# AMD Radeon HD 9970 Hawaii Detailed, Volcanic Islands GPUs Set for Late 2013 (chip hell leak/rumour)



## heidi2521 (May 8, 2013)

> The report was made by ChipHell and seems to suggest that AMD will skip Sea Islands completely, at least insofar as the discrete GPU and add-in board industry is concerned.
> 
> The GPUs will be designed with the 20nm Gate-Last process from TSMC or Common Platform Alliance, assuming no problems arise that force 28nm to be used again.
> 
> ...



AMD Radeon HD 9970 Hawaii Detailed, Volcanic Islands GPUs Set for Late 2013 - Softpedia

Edit: TL;DR/Simplified:


----------



## Sainatarajan (May 9, 2013)

*Re: AMD Radeon HD 9970 Hawaii Detailed, Volcanic Islands GPUs Set for Late 2013 (chip hell leak/rumo*

wth , 9xxx series!!! Will there wont be 8xxx series???


----------



## RCuber (May 9, 2013)

*Re: AMD Radeon HD 9970 Hawaii Detailed, Volcanic Islands GPUs Set for Late 2013 (chip hell leak/rumo*

this is getting interesting.. I wonder what AMD has up their sleeves now  .. cant wait for the rumors


----------



## Extreme Gamer (May 9, 2013)

*Re: AMD Radeon HD 9970 Hawaii Detailed, Volcanic Islands GPUs Set for Late 2013 (chip hell leak/rumo*



Sainatarajan said:


> wth , 9xxx series!!! Will there wont be 8xxx series???

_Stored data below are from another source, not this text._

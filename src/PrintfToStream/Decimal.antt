-- ===== src/PrintfToStream/Decimal.antt =====
-- A number that `printi` prints in base 10, in any width and without flags.
use slirp4tinc.Prelude.{
  ℕ, suc, ◌+◌, ◌-◌, ◌^◌, ◌≤◌, ◌<◌, ◌≡◌, ◌≢◌, refl, ap, ◌∙◌, Bool, true, false, List, [], ◌∷◌, ◌++◌,
  ◌&&◌, ◌==◌, arith, inl, ne→==, length,
}
use slirp4tinc.Prelude.Run.{ok}
use slirp4tinc.PrintfToStream.{printi, magnitude, prints, finish, digits, buffer_space}
use slirp4tinc.PrintfToStream.Padding.{prints_lem, printed-eq, fill}
use slirp4tinc.PrintfToStream.Digits.{
  read_digits, digits_read, IsDigits, digits-IsDigits, finish_positive, finish_negative,
}

-- A text of at most 20 decimal digits, from which a number is read.
abbrev pub IsDecimal : ℕ → List ℕ → Type 0
IsDecimal n s = IsDigits s × (read_digits 10 97 0 s ≡ n) × (length s ≤ 20)

-- Behind a minus sign, or not.
abbrev pub signed_text : Bool → List ℕ → List ℕ
signed_text true s = 45 ∷ s
signed_text false s = s

pub signed_text_short : (neg : Bool) (s : List ℕ) → length (signed_text neg s) ≤ length s + 1
signed_text_short true s = omega arith
signed_text_short false s = omega arith

finish_text :
    (neg : Bool) (width left : ℕ) (s : List ℕ)
    → finish neg width 0 (suc left) s ≡ ok (prints (signed_text neg s) width 0)
finish_text true width left s = finish_negative width 0 left s refl
finish_text false width left s = finish_positive width 0 (suc left) s refl

pub IsDecimal-digits :
    (u : ℕ)
    → u < 2 ^ 64
    → (left : ℕ) × (s : List ℕ) × (digits 10 97 buffer_space u [] ≡ ok (suc left, s))
      × IsDecimal u s
IsDecimal-digits u less =
    let (left, s, same, value, short) = digits_read 10 97 (inl refl) (omega arith) u less in
    (left, s, same, (digits-IsDigits 21 u [] (suc left) s tt same, value, short))

pub prints_plain : (s : List ℕ) → length s < 2 ^ 32 → prints s 0 0 ≡ (length s, s)
prints_plain s less =
    let none : 0 - length s ≡ 0 = omega arith in
    prints_lem s 0 0 (omega (arith, less))
    ∙ printed-eq (ground arith) (ap (λ (k : ℕ). fill k 0 ++ s) none)

-- `printi` of a number that is not zero.
pub printi-finish :
    (base i u width pad space : ℕ) (sign neg : Bool) (s : List ℕ)
    → i ≢ 0
    → magnitude i (sign && (base == 10)) pad ≡ ok (neg, u)
    → digits base 97 buffer_space u [] ≡ ok (space, s)
    → printi i base sign width pad 97 ≡ finish neg width pad space s
unfolding printi
printi-finish base i u width pad space sign neg s other e same = rw (ne→== i 0 other, e, same) refl

pub printi_digits :
    (i u width : ℕ) (sign neg : Bool)
    → i ≢ 0
    → u < 2 ^ 64
    → magnitude i (sign && true) 0 ≡ ok (neg, u)
    → (s : List ℕ) × IsDecimal u s
      × (printi i 10 sign width 0 97 ≡ ok (prints (signed_text neg s) width 0))
printi_digits i u width sign neg other less e =
    let (left, s, same, decimal) = IsDecimal-digits u less in
    (
      s,
      decimal,
      printi-finish 10 i u width 0 (suc left) sign neg s other e same
          ∙ finish_text neg width left s,
    )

7 series rebranded for OEMs


----------



## rock2702 (May 9, 2013)

*Re: AMD Radeon HD 9970 Hawaii Detailed, Volcanic Islands GPUs Set for Late 2013 (chip hell leak/rumr*

Hope it beats the crap out of nvidia and is priced right


----------



## heidi2521 (May 9, 2013)

*Re: AMD Radeon HD 9970 Hawaii Detailed, Volcanic Islands GPUs Set for Late 2013 (chip hell leak/rumr*



Sainatarajan said:


> wth , 9xxx series!!! Will there wont be 8xxx series???



As Extreme Gamer has said, OEM only.



rock2702 said:


> *Hope it beats the crap out of nvidia* and is priced right



I'd guess the pricing will be at around the Titan. Nvidia really needs to up their game if this is true.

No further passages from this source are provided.